Data records:
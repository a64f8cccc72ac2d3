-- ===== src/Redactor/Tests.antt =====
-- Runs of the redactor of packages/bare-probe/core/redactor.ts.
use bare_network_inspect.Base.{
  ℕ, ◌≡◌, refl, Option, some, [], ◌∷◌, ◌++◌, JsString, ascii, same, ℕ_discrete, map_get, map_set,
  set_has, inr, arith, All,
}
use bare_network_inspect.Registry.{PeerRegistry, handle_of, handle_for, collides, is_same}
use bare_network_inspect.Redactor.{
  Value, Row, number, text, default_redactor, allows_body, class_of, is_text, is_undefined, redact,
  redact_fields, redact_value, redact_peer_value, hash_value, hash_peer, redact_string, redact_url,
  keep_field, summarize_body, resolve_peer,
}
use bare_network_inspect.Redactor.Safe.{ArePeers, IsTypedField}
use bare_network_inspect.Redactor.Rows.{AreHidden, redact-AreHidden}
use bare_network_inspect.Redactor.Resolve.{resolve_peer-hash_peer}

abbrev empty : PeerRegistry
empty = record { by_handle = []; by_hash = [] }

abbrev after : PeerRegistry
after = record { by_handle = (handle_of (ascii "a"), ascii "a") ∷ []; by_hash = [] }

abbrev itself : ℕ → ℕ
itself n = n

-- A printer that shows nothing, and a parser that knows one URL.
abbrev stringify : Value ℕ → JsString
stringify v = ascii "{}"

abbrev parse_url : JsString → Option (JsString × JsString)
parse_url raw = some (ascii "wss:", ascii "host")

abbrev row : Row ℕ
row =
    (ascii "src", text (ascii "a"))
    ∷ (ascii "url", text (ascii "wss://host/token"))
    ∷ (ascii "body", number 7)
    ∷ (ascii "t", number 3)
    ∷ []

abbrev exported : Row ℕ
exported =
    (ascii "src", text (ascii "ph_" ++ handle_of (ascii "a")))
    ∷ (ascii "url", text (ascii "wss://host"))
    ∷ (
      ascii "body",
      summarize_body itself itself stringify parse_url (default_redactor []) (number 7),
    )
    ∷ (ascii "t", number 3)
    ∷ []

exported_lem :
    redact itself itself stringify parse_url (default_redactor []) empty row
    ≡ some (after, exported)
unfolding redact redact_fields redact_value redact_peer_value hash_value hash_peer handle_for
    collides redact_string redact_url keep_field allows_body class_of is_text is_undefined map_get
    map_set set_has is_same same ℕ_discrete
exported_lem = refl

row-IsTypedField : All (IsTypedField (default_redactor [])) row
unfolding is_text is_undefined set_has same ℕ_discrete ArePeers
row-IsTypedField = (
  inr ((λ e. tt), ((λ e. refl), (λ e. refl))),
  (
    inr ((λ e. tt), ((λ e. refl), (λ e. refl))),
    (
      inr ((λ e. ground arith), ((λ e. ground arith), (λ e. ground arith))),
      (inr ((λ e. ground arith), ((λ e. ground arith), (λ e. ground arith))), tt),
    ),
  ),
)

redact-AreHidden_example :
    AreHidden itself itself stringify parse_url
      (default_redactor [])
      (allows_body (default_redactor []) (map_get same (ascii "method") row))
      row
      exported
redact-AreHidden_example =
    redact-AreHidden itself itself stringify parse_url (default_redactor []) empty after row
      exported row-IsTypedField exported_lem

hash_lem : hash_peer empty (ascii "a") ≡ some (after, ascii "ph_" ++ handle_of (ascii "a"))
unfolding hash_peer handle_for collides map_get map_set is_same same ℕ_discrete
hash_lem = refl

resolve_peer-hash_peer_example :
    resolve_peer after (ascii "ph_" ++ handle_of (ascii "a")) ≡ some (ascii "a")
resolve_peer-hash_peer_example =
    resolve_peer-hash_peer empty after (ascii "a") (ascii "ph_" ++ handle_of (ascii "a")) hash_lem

What the task requires:
Start with the line above that contains "redact-AreHidden itself itself" and end with the line that contains "resolve_peer after (ascii". Write out those lines exactly, and only those.

Result for this task:
    redact-AreHidden itself itself stringify parse_url (default_redactor []) empty after row
      exported row-IsTypedField exported_lem

hash_lem : hash_peer empty (ascii "a") ≡ some (after, ascii "ph_" ++ handle_of (ascii "a"))
unfolding hash_peer handle_for collides map_get map_set is_same same ℕ_discrete
hash_lem = refl

resolve_peer-hash_peer_example :
    resolve_peer after (ascii "ph_" ++ handle_of (ascii "a")) ≡ some (ascii "a")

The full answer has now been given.